Dublin, 1986. I had given a talk to the Irish Science-Fiction Society and the question period began.

"Do you believe in UFOs?" somebody asked.

"Yes, of course," I answered.

The questioner, who looked quite young, then burst into a long speech, "proving" at least to his own satisfaction that all UFOs "really are" sun-dogs or heat inversions. When he finally ran down I simply replied,

"Well, we both agree that UFOs exist. Our only difference is that you think you know what they are and I'm still puzzled."

An elderly gentleman with blonde-white hair and a florid complexion cried out in great enthusiasm, "By God, sir, you're right. I myself am still puzzled about everything!"

And thus I met Timothy F.X. Finnegan, Dean of the Royal Sir Myles na gCopaleen Astro-Anomalistic Society, Dalkey, sometime lecturer at Trinity College, Dublin, and founder of the Committee for Surrealist Investigation of Claims of the Normal.

In fact, Prof. Finnegan signed me up as a member of CSICON that very night, in the Plough and Stars pub over our ninth or tenth pint of Ireland's most glorious product, linn dubh, known as Guiness to the ungodly.

Now I hear that Prof. Finnegan has died, or at least they took the liberty of burying him, and I feel that the world has lost a great man.

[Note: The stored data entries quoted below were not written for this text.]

-- ===== src/Prelude/Heap.antt =====
-- `heapq`: a heap is only ever read through its least entry, so it is kept as a sorted list.
-- `leb` is the order of the entries (the tuple order in the source).
use Prim.Native.Nat.{ℕ, suc, ◌≤◌}
use mathlib.Core.Bool.{Bool, true, false}
use mathlib.Core.List.{List, [], ◌∷◌}
use mathlib.Core.Logic.{◌⊎◌, inl, inr}
use mathlib.Core.Path.{◌≡◌, refl}
use native.Mathlib.Omega.{arith}
use l7_load_balancer.Prelude.Lists.{length}
use l7_load_balancer.Prelude.Tests.{if◌then◌else◌, Bool-cases}

module _ {ℓ} {A : Type ℓ} (leb : A → A → Bool) where
  -- `heapq.heappush`; `heapq.heappop` takes the head.
  unfoldable pub heappush : A → List A → List A
  heappush e [] = e ∷ []
  heappush e (x ∷ h) = if leb x e then x ∷ heappush e h else e ∷ x ∷ h

  unfoldable pub heappush_all : List A → List A → List A
  unfolding heappush
  heappush_all [] h = h
  heappush_all (e ∷ es) h = heappush_all es (heappush e h)

module _ {A : Type 0} (P : A → Type 0) where
  abbrev pub All : List A → Type 0
  All [] = Unit
  All (x ∷ xs) = P x × All xs

  abbrev pub Any : List A → Type 0
  Any [] = ⊥
  Any (x ∷ xs) = P x ⊎ Any xs

module _ {A : Type 0} (key : A → ℕ) where
  -- The entries stand in the order of their keys.
  abbrev pub IsSorted : List A → Type 0
  IsSorted [] = Unit
  IsSorted (x ∷ xs) = All (λ y. key x ≤ key y) xs × IsSorted xs

module _ {A : Type 0} (leb : A → A → Bool) where
  pub length-heappush : (e : A) (h : List A) → length (heappush leb e h) ≡ suc (length h)
  unfolding heappush
  length-heappush e [] = refl
  length-heappush e (x ∷ h) = ground (arith, length-heappush e h)

  pub heappush-All :
      (P : A → Type 0) (e : A) (h : List A) → P e → All P h → All P (heappush leb e h)
  unfolding heappush
  heappush-All P e [] p q = (p, q)
  heappush-All P e (x ∷ h) p q = ground (arith, heappush-All P e h p q.1)

  pub heappush-Any_self : (P : A → Type 0) (e : A) (h : List A) → P e → Any P (heappush leb e h)
  unfolding heappush
  heappush-Any_self P e [] p = inl p
  heappush-Any_self P e (x ∷ h) p = ground (arith, heappush-Any_self P e h p)

  pub heappush-Any : (P : A → Type 0) (e : A) (h : List A) → Any P h → Any P (heappush leb e h)
  unfolding heappush
  heappush-Any P e [] q = inr q
  heappush-Any P e (x ∷ h) (inl q) = ground arith
  heappush-Any P e (x ∷ h) (inr q) = ground (arith, heappush-Any P e h q)

  pub heappush_all-Any :
      (P : A → Type 0) (es h : List A) → Any P es ⊎ Any P h → Any P (heappush_all leb es h)
  unfolding heappush_all
  heappush_all-Any P [] h (inl q) = absurd q
  heappush_all-Any P [] h (inr q) = q
  heappush_all-Any P (e ∷ es) h (inl (inl q)) =
      heappush_all-Any P es (heappush leb e h) (inr (heappush-Any_self P e h q))
  heappush_all-Any P (e ∷ es) h (inl (inr q)) = heappush_all-Any P es (heappush leb e h) (inl q)
  heappush_all-Any P (e ∷ es) h (inr q) =
      heappush_all-Any P es (heappush leb e h) (inr (heappush-Any P e h q))

module _ {A : Type 0} (leb : A → A → Bool) (key : A → ℕ)
    (leb-le : (a b : A) → leb a b ≡ true → key a ≤ key b)
    (leb-ge : (a b : A) → leb a b ≡ false → key b ≤ key a) where
  All-le_trans :
      (x e : A) (h : List A)
      → key e ≤ key x
      → All (λ y. key x ≤ key y) h
      → All (λ y. key e ≤ key y) h
  All-le_trans x e [] p q = q
  All-le_trans x e (y ∷ h) p q = (omega arith, All-le_trans x e h p q.1)

  pub heappush-IsSorted : (e : A) (h : List A) → IsSorted key h → IsSorted key (heappush leb e h)
  unfolding heappush
  heappush-IsSorted e [] s = (tt, tt)
  heappush-IsSorted e (x ∷ h) s = elim (Bool-cases (leb x e)) [
    | inl up ↦
        rw up
          (heappush-All leb (λ y. key x ≤ key y) e h (leb-le x e up) s.0, heappush-IsSorted e h s.1)
    | inr down ↦ rw down ((leb-ge x e down, All-le_trans x e h (leb-ge x e down) s.0), s)
  ]

  pub heappush_all-IsSorted :
      (es h : List A) → IsSorted key h → IsSorted key (heappush_all leb es h)
  unfolding heappush_all
  heappush_all-IsSorted [] h s = s
  heappush_all-IsSorted (e ∷ es) h s =
      heappush_all-IsSorted es (heappush leb e h) (heappush-IsSorted e h s)
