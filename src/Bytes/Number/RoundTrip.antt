-- ===== src/Bytes/Number/RoundTrip.antt =====
-- `int(str(n))` is `n`.
use mathlib.Core.Option
use mathlib.Core.List.{reverse, reverse-cons, reverse-reverse}
use Prim.Native.Nat.{◌/◌, ◌%◌}
use l7_load_balancer.Prelude.{
  ℕ, zero, suc, ◌+◌, ◌*◌, ◌<◌, ◌≤◌, ◌≡◌, ◌≢◌, refl, sym, ap, ◌∙◌, [], ◌∷◌, ◌++◌, none, some, false,
  arith, inl, inr, Bool-cases, ltb, ltb→lt, ℤ, pos, negsuc,
}
use l7_load_balancer.Prelude.Heap.{All}
use l7_load_balancer.Bytes.{Bytes, is_space, lstrip, strip}
use l7_load_balancer.Bytes.Number.{
  digit_value, digit_only, after_digit, digits, magnitude, negate, signed, int, decimal, str,
  str_int,
}

digit_value_lem : (d : ℕ) → d < 10 → digit_value (48 + d) ≡ d
unfolding digit_value
digit_value_lem d h = ground arith

digits_first :
    (a d : ℕ) (cs : Bytes)
    → d < 10
    → digits 10 a digit_only ((48 + d) ∷ cs) ≡ digits 10 (a * 10 + d) after_digit cs
unfolding digits
digits_first a d cs h = ground (arith, digit_value_lem d h)

digits_next :
    (a d : ℕ) (cs : Bytes)
    → d < 10
    → digits 10 a after_digit ((48 + d) ∷ cs) ≡ digits 10 (a * 10 + d) after_digit cs
unfolding digits
digits_next a d cs h = ground (arith, digit_value_lem d h)

digits-decimal :
    (f n : ℕ) (out : Bytes)
    → n < f
    → digits 10 0 digit_only (decimal f n out) ≡ digits 10 n after_digit out
unfolding decimal
digits-decimal zero n out h = absurd (omega arith)
digits-decimal (suc f) n out h = elim (Bool-cases (ltb n 10)) [
  | inl e ↦
      rw e
        (digits_first 0 n out (ltb→lt n 10 e) ∙ ap (λ m. digits 10 m after_digit out) (omega arith))
  | inr e ↦ rw e (
      digits-decimal f (n / 10) ((48 + n % 10) ∷ out) (ground arith)
      ∙ digits_next (n / 10) (n % 10) out (omega arith)
      ∙ ap (λ m. digits 10 m after_digit out) (omega arith))
]

-- A decimal digit.
abbrev pub IsDigit : ℕ → Type 0
IsDigit c = (48 ≤ c) × (c ≤ 57)

decimal-IsDigit : (f n : ℕ) (out : Bytes) → All IsDigit out → All IsDigit (decimal f n out)
unfolding decimal
decimal-IsDigit zero n out a = a
decimal-IsDigit (suc f) n out a = elim (Bool-cases (ltb n 10)) [
  | inl e ↦ rw e ((omega arith, omega (arith, ltb→lt n 10 e)), a)
  | inr e ↦ rw e (decimal-IsDigit f (n / 10) _ ((omega arith, omega arith), a))
]

pub str-IsDigit : (n : ℕ) → All IsDigit (str n)
unfolding str
str-IsDigit n = decimal-IsDigit (suc n) n [] tt

magnitude-digits : (s : Bytes) → magnitude 10 s ≡ digits 10 0 digit_only s
unfolding magnitude
magnitude-digits [] = refl
magnitude-digits (c ∷ []) = refl
magnitude-digits (c ∷ d ∷ s) = refl

magnitude-str : (n : ℕ) → magnitude 10 (str n) ≡ some n
unfolding str digits
magnitude-str n = magnitude-digits (str n) ∙ digits-decimal (suc n) n [] (omega arith)

-- The digits of a number have no sign in front.
signed-digits : (s : Bytes) → All IsDigit s → s ≢ [] → signed 10 s ≡ Option.map pos (magnitude 10 s)
unfolding signed
signed-digits [] a n = absurd (n refl)
signed-digits (c ∷ cs) a n = ground arith

str-nonempty : (n : ℕ) → str n ≢ []
str-nonempty n e =
    let nothing : magnitude 10 [] ≡ none = unfold magnitude digits in refl in
    cc (sym (magnitude-str n) ∙ ap (magnitude 10) e ∙ nothing)

pub signed-str_int : (z : ℤ) → signed 10 (str_int z) ≡ some z
unfolding str_int signed
signed-str_int (pos n) =
    signed-digits (str n) (str-IsDigit n) (str-nonempty n) ∙ ap (Option.map pos) (magnitude-str n)
signed-str_int (negsuc n) = ap (Option.map negate) (magnitude-str (suc n)) ∙ unfold negate in refl

-- No space is in the text.
abbrev pub NoSpace : Bytes → Type 0
NoSpace s = All (λ c. is_space c ≡ false) s

NoSpace-lstrip : (s : Bytes) → NoSpace s → lstrip s ≡ s
unfolding lstrip
NoSpace-lstrip [] a = refl
NoSpace-lstrip (c ∷ cs) a = rw a.0

pub All-append : (P : ℕ → Type 0) (s t : Bytes) → All P s → All P t → All P (s ++ t)
All-append P [] t a b = b
All-append P (c ∷ s) t a b = (a.0, All-append P s t a.1 b)

All-reverse : (P : ℕ → Type 0) (s : Bytes) → All P s → All P (reverse s)
All-reverse P [] a = a
All-reverse P (c ∷ s) a =
    rw (reverse-cons c s) (All-append P (reverse s) (c ∷ []) (All-reverse P s a.1) (a.0, tt))

pub NoSpace-strip : (s : Bytes) → NoSpace s → strip s ≡ s
unfolding strip
NoSpace-strip s a =
    rw (NoSpace-lstrip s a, NoSpace-lstrip (reverse s) (All-reverse (λ c. is_space c ≡ false) s a))
      (reverse-reverse s)

-- A property of digits holds all over the text of a number if the minus sign has it too.
pub str_int-All :
    (P : ℕ → Type 0) → ((c : ℕ) → IsDigit c → P c) → P b'-' → (z : ℤ) → All P (str_int z)
unfolding str_int
str_int-All P f m (pos n) = all (str n) (str-IsDigit n)
  where
    all : (s : Bytes) → All IsDigit s → All P s
    all [] a = tt
    all (c ∷ s) a = (f c a.0, all s a.1)
str_int-All P f m (negsuc n) = (m, all (str (suc n)) (str-IsDigit (suc n)))
  where
    all : (s : Bytes) → All IsDigit s → All P s
    all [] a = tt
    all (c ∷ s) a = (f c a.0, all s a.1)

pub str_int-NoSpace : (z : ℤ) → NoSpace (str_int z)
unfolding is_space
str_int-NoSpace z = str_int-All (λ c. is_space c ≡ false) (λ c d. ground arith) refl z

pub int-str_int : (z : ℤ) → int 10 (str_int z) ≡ some z
unfolding int
int-str_int z = rw (NoSpace-strip (str_int z) (str_int-NoSpace z)) (signed-str_int z)
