-- ===== src/Config.antt =====
-- config.py: the tunables that the modelled code reads. Times are in milliseconds.
use l7_load_balancer.Prelude.{ℕ, ◌*◌, List, [], ◌∷◌}
use l7_load_balancer.Bytes.{Bytes, codes}

-- 10 MiB
abbrev pub max_request_size : ℕ
max_request_size = 10 * 1024 * 1024

abbrev pub connect_timeout : ℕ
connect_timeout = 5 * 1000

abbrev pub client_idle_timeout : ℕ
client_idle_timeout = 30 * 1000

abbrev pub backend_timeout : ℕ
backend_timeout = 30 * 1000

abbrev pub client_send_timeout : ℕ
client_send_timeout = 30 * 1000

abbrev pub max_backend_retries : ℕ
max_backend_retries = 2

abbrev pub idempotent_methods : List Bytes
idempotent_methods =
    codes "GET" ∷ codes "HEAD" ∷ codes "OPTIONS" ∷ codes "PUT" ∷ codes "DELETE" ∷ []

The Commitee for Surrealist Investigation of Claims of the Normal (CSICON) , however, lives on and deserves more attention than it has received hitherto. Prof. Finnegan always asserted that the idea for CSICON derived from a remark passed by an old Dalkey character named Sean Murphy, in the Goat and Compasses pub shortly before closing time on 23 July 1973.

Actually, it started with two old codgers named O'Brian and Nolan discussing the weather. "Terrible rain and wind for this time of year," O'Brian ventured.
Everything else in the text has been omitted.